孟遥还记得当时他的师父一只手拿着为他准备一夜的包裹和陪伴师父半辈子名叫秋水的宝剑,一只手用力的拍了拍他的肩膀,笑着跟他说道:“我这一辈子在这个宗门里默默无闻,想当上长老也不过是求一个安稳的晚年。但是见到你的第一眼,我仿佛觉得我的生命得到了延续,我希望你能好好地生活,不要活得像我一样……”
每当孟遥想到这番话的时候,他的眼睛就忍不住的湿润。他擦干净眼眶,努力的不让泪水流出,因为他已经是一个真正的男子汉,流血不流泪!
这半年来江湖上流传着一个年轻高手。因为这半年的时间他已经打败了不少同龄的青年才俊。
三个月前,孟遥与铁剑门的少门主约战。
铁剑门少门主,刚刚二十出头,号称“快剑裁细柳”,一手剑法的了家传的精髓,而他自身也是九境大圆满,半步筑基的修为,为人也是心高气傲。可是那一战他刚过二十招就主动认输,诚心惊叹于孟遥的剑法,输的心服口服。
一个月前岭南这一辈中最有名望的青年俊杰向发起挑战,孟遥一剑以九境之力击溃了这位筑基初期的高手。
他这些日子在江湖声名渐渐隆起,可这些都不算什么。因为他紧跟着做的事情才真真正正让江湖中人正视了他。
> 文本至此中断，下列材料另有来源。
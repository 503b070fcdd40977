-- ===== src/Commands/Inbox/Emptied.antt =====
-- The loop over the messages of a client ends.
use secoli_sced.Action.{pure, unless_null, bind, ◌>>=◌}
use secoli_sced.Base.{
  Bytes, ℕ, zero, suc, Bool, true, false, ◌≡◌, refl, ◌<◌, Option, List, [], ◌∷◌, none, some, pos,
  length, arith, if◌then◌else◌,
}
use mathlib.Core.List.{Memᴰ}
use secoli_sced.Client.{Client, client_get_message, client_get_destroy, client_reset_elapsed_time}
use secoli_sced.Commands.Dispatch.{parse_message}
use secoli_sced.Commands.Effects.Messages.{execute-HasEffect}
use secoli_sced.Commands.Effects.{Effect, keeps_all, logs_in, logs_out, quits, exits}
use secoli_sced.Commands.Handlers.{unavailable}
use secoli_sced.Commands.Inbox.{
  Outcome, drained, destroyed, exited, take_message, after_message, handle_messages,
}
use secoli_sced.Commands.Keeping.Plain.{unavailable-IsKept}
use secoli_sced.Parse.{Arguments, fault, too_many, arguments, parse_arguments}
use secoli_sced.Queue.Ends.{queue_dequeue-Waits, queue_dequeue-none}
use secoli_sced.Queue.{queue_dequeue}
use secoli_sced.Queue.Holds.{Waits}
use secoli_sced.Search.{Glib}
use secoli_sced.World.Kept.{Kept, kept, Ends, bind-IsKept, pure-IsKept}
use secoli_sced.World.{World, Host, Do}
use secoli_sced.Xsqlite.{Sqlite}

module _ (S : Sqlite) (G : Glib) (H : Host G) where
  -- How the loop can end, for a client with the messages `xs`.
  pub data Result (memory : ℕ → Option Bytes) (xs : List Bytes)
      : Option (Outcome × World G S) → Type 0 where
    is_drained :
        {w : World G S}
        → Waits (G Bytes) [] w.client.messages
        → Result memory xs (some (drained, w))
    is_destroyed :
        {w : World G S}
        → client_get_destroy G (some w.client) ≡ true
        → Result memory xs (some (destroyed, w))
    is_exited : {w : World G S} → w.has_exited ≡ true → Result memory xs (some (exited, w))
    is_fault :
        (n : ℕ) (m : Bytes) (w : World G S)
        → Memᴰ m xs
        → parse_message S G H (memory n) m w ≡ none
        → Result memory xs none

  Result-later :
      {memory : ℕ → Option Bytes} {x : Bytes} {xs : List Bytes} {r : Option (Outcome × World G S)}
      → Result memory xs r
      → Result memory (x ∷ xs) r
  Result-later (is_drained h) = is_drained h
  Result-later (is_destroyed h) = is_destroyed h
  Result-later (is_exited h) = is_exited h
  Result-later (is_fault n m w i e) = is_fault n m w (Memᴰ.tail i) e

  Effect-messages :
      {argv : List Bytes} {w w' : World G S}
      → Effect S G H argv w w'
      → w'.client.messages ≡ w.client.messages
  Effect-messages (keeps_all (kept u s m x ls t)) = m
  Effect-messages (logs_in c n p e s x i) = i
  Effect-messages (logs_out u x i) = i
  Effect-messages (quits u x i) = i
  Effect-messages (exits v e u i) = i

  -- From the world `w`, the messages that wait are left.
  abbrev Leaves : World G S → Option (Unit {0} × World G S) → Type 0
  Leaves w = Ends S G (λ a w'. w'.client.messages ≡ w.client.messages)

  executed :
      (argv : List Bytes) (w : World G S) (r : Option (Unit {0} × World G S))
      → Ends S G (λ a w'. Effect S G H argv w w') r
      → Leaves w r
  executed argv w none e = tt
  executed argv w (some (a, w')) e = Effect-messages e

  refused :
      (w : World G S) (r : Option (Unit {0} × World G S))
      → Ends S G (λ a w'. Kept S G w w') r
      → Leaves w r
  refused w none e = tt
  refused w (some (a, w')) (kept u s m x ls t) = m

  unavailable-Leaves : (w : World G S) → Leaves w ((unavailable S G H >>= λ _. pure tt) w)
  unavailable-Leaves w =
      refused w _ ((bind-IsKept S G _ _ (unavailable-IsKept S G H) λ _. pure-IsKept S G tt).at w)

  parse_message-Leaves :
      (space : Option Bytes) (m : Bytes) (w : World G S) → Leaves w (parse_message S G H space m w)
  unfolding parse_message ◌>>=◌
  parse_message-Leaves none m w = unavailable-Leaves w
  parse_message-Leaves (some space) m w = go (parse_arguments space m) refl
    where
      go :
          (a : Arguments)
          → parse_arguments space m ≡ a
          → Leaves w (parse_message S G H (some space) m w)
      go fault e = rw (e, parse_message) tt
      go too_many e = rw (e, parse_message) (unavailable-Leaves w)
      go (arguments argv) e =
          rw (e, parse_message) (executed argv w _ ((execute-HasEffect S G H argv).at w))

  if-Result :
      {memory : ℕ → Option Bytes} {xs : List Bytes} (b : Bool) (m k : Do S G Outcome)
      (w : World G S)
      → (b ≡ true → Result memory xs (m w))
      → (b ≡ false → Result memory xs (k w))
      → Result memory xs ((if b then m else k) w)
  if-Result true m k w p q = p refl
  if-Result false m k w p q = q refl

  -- What is known when `after_message` runs, and of the rest of the loop.
  after_message-Result :
      (memory : ℕ → Option Bytes) (xs : List Bytes) (next : Do S G Outcome) (w : World G S)
      → ((c : Client G)
          → c.messages ≡ w.client.messages
          → Result memory xs (next (record w { client = c })))
      → Result memory xs (after_message S G H next w)
  unfolding after_message client_get_destroy client_reset_elapsed_time ◌>>=◌ unless_null
  after_message-Result memory xs next w h = if-Result w.has_exited (pure exited) _ w is_exited λ _.
      if-Result w.client.destroy (pure destroyed) _ w is_destroyed
        λ _. h (record w.client { elapsed_time = pos 0 }) refl

  -- The rest of the loop, for what `parse_message` gives.
  continued :
      (memory : ℕ → Option Bytes) (x : Bytes) (xs : List Bytes) (n : ℕ) (w : World G S)
      (next : Do S G Outcome) (r : Option (Unit {0} × World G S))
      → parse_message S G H (memory n) x w ≡ r
      → Leaves w r
      → ((w' : World G S) → w'.client.messages ≡ w.client.messages → Result memory xs (next w'))
      → Result memory (x ∷ xs) (bind r λ _. next)
  continued memory x xs n w next none e k f = is_fault n x w (Memᴰ.head refl) e
  continued memory x xs n w next (some (a, w')) e k f = Result-later (f w' k)

  -- With more rounds than there are messages, of which there may be none, as at a new client,
  -- whatever xmalloc returns, the loop over them ends: with none left, with the client to be
  -- destroyed, by a call of `exit`, or by a fault of `parse_message` at one of them.
  pub handle_messages-Result :
      (memory : ℕ → Option Bytes) (xs : List Bytes) (n : ℕ) (w : World G S)
      → Waits (G Bytes) xs w.client.messages
      → length xs < n
      → Result memory xs (handle_messages S G H memory n w)
  unfolding handle_messages take_message client_get_message ◌>>=◌ unless_null
  handle_messages-Result memory xs zero w h l = ground arith
  handle_messages-Result memory [] (suc n) w h l =
      let (v, rest) = queue_dequeue-none (G Bytes) h in rw v (is_drained rest)
  handle_messages-Result memory (x ∷ xs) (suc n) w h l =
      let (v, rest) = queue_dequeue-Waits (G Bytes) h in
      let w1 = record w {
        client = (record w.client { messages = (queue_dequeue (G Bytes) w.client.messages).1 });
      } in
      rw v (
        continued memory x xs n w1 (after_message S G H (handle_messages S G H memory n)) _ refl
          (parse_message-Leaves (memory n) x w1)
          (λ w2 same. after_message-Result memory xs (handle_messages S G H memory n) w2 λ c e.
            handle_messages-Result memory xs n (record w2 { client = c }) (rw (e, same) rest)
              (omega arith)))
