-- ===== src/Options/Access.antt =====
-- What SHOW gives behind a SET.
use secoli_sced.Action.{unless_null, ◌>>=◌}
use secoli_sced.Base.{Bytes, codes, ℕ, ◌≡◌, some, ℤ, pos, arith, take, str_eq}
use secoli_sced.Clib.{decimal, decimal_int}
use secoli_sced.Options.Setters.{cod_state_option_setter}
use secoli_sced.Options.Table.{option_get, option_set}
use secoli_sced.Options.{cod_state_option_getter, scope_session, scope_any}
use secoli_sced.Sce.{sce_validate_cod_state}
use secoli_sced.Search.{Glib}
use secoli_sced.Session.{Session, session_set_cod_state, session_get_cod_state}
use secoli_sced.World.{World, Host, of_client, session_of, set_session, is_null}
use secoli_sced.Xsqlite.{Sqlite}

module _ (S : Sqlite) (G : Glib) (H : Host G) where
  unfoldable pub with_cod_state : World G S → Session G → ℤ → World G S
  with_cod_state w t z = record w {
    client = record w.client { default_session = some (record t { cod_state = z }) };
  }

  pub set_cod_state :
      (w : World G S) (t : Session G) (n : ℕ) (text : Bytes)
      → w.client.default_session ≡ some t
      → sce_validate_cod_state (some text) ≡ pos n
      → option_set S G H (codes "COD_STATE") text of_client scope_session w
        ≡ some (pos 0, with_cod_state w t (pos n))
  unfolding option_set ◌>>=◌ cod_state_option_setter is_null session_of set_session
      session_set_cod_state with_cod_state unless_null str_eq
  set_cod_state w t n text e v = rw (v, e) (ground arith)

  pub get_cod_state :
      (w : World G S) (t : Session G) (n : ℕ)
      → option_get S G H (codes "COD_STATE") of_client scope_any (with_cod_state w t (pos n))
        ≡ some (some (take 3 (decimal n)), with_cod_state w t (pos n))
  unfolding option_get ◌>>=◌ cod_state_option_getter is_null session_of session_get_cod_state
      with_cod_state unless_null str_eq decimal_int
  get_cod_state w t n = ground arith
他向中都的兰青竹发起挑战,众目睽睽之下,亲自登门递下战书,兰家无法拒绝。
兰青竹生于中都的名门望族,年纪轻轻就已经颇有名望。
他的父亲兰松是中都赫赫有名的大内高手,师从天师府当代天师,练就了一身本领。二十七岁便筑基下山,三十岁到皇宫中担任侍卫。三十五岁的时候接连突破,成为江湖中的数得着高手,成为大内侍卫的副统领。自此以后,极少出手,据传言其功力越发高深。
他的儿子兰青竹也是天之骄子,修行的天赋跟兰松相比青出于蓝,二十一二岁的年纪已经勘勘摸到筑基的门槛,而且对道法修行也是极具慧根,同时也成了天师最后的关门弟子。
父子二人共同师从天师门下,成为武林中的一段佳话。
兰青竹也是用剑的高手,使得是天师府的剑法,传闻剑如其人,端庄大方,意气悠长。
再深的砂砾也隐藏不住宝石的光芒。
有些人就算绝世武艺在手一辈子也是平平无奇,而有些人就算练的是最普通,最平凡的剑法也一样能光芒耀眼,人生中充满传奇。
兰青竹便是后者,山上弟子众多,人人皆会这最普通的剑诀,但再兰青竹手中就能化腐朽为神奇,这一代弟子中只有兰青竹的剑法一骑绝尘,不仅在宗门之中一枝独秀,而且在整个中都的青年世家公子中也是极为不凡。
其为人也是温文尔雅,性情谦和,名声极好,备受江湖中人的赞誉。
若是在三年前的孟遥根本就不敢把自己名字和兰青竹联系在一起。
若是在一年前他也只是在白日梦中才敢幻想自己也能成为这样的人。
可是这半年来不光他的剑法精进,而且接连不断的胜利也助长了他的信心。
更重要的是,经过这些战斗,他发现这种飘逸灵动的剑法正是绝大多数剑法的克星。他现在有十足的信心赢得半个月后的比武。
出人头地,名震江湖。
每当想起这两句话他便激动的浑身发抖,热血沸腾。
但现在绝不是激动的时候。
孟遥闭上眼睛,深吸了一口潮湿冰冷的空气。拿起枕头下的宝剑’秋水’,推门而去,他要先去打些猎物,然后进山中练功。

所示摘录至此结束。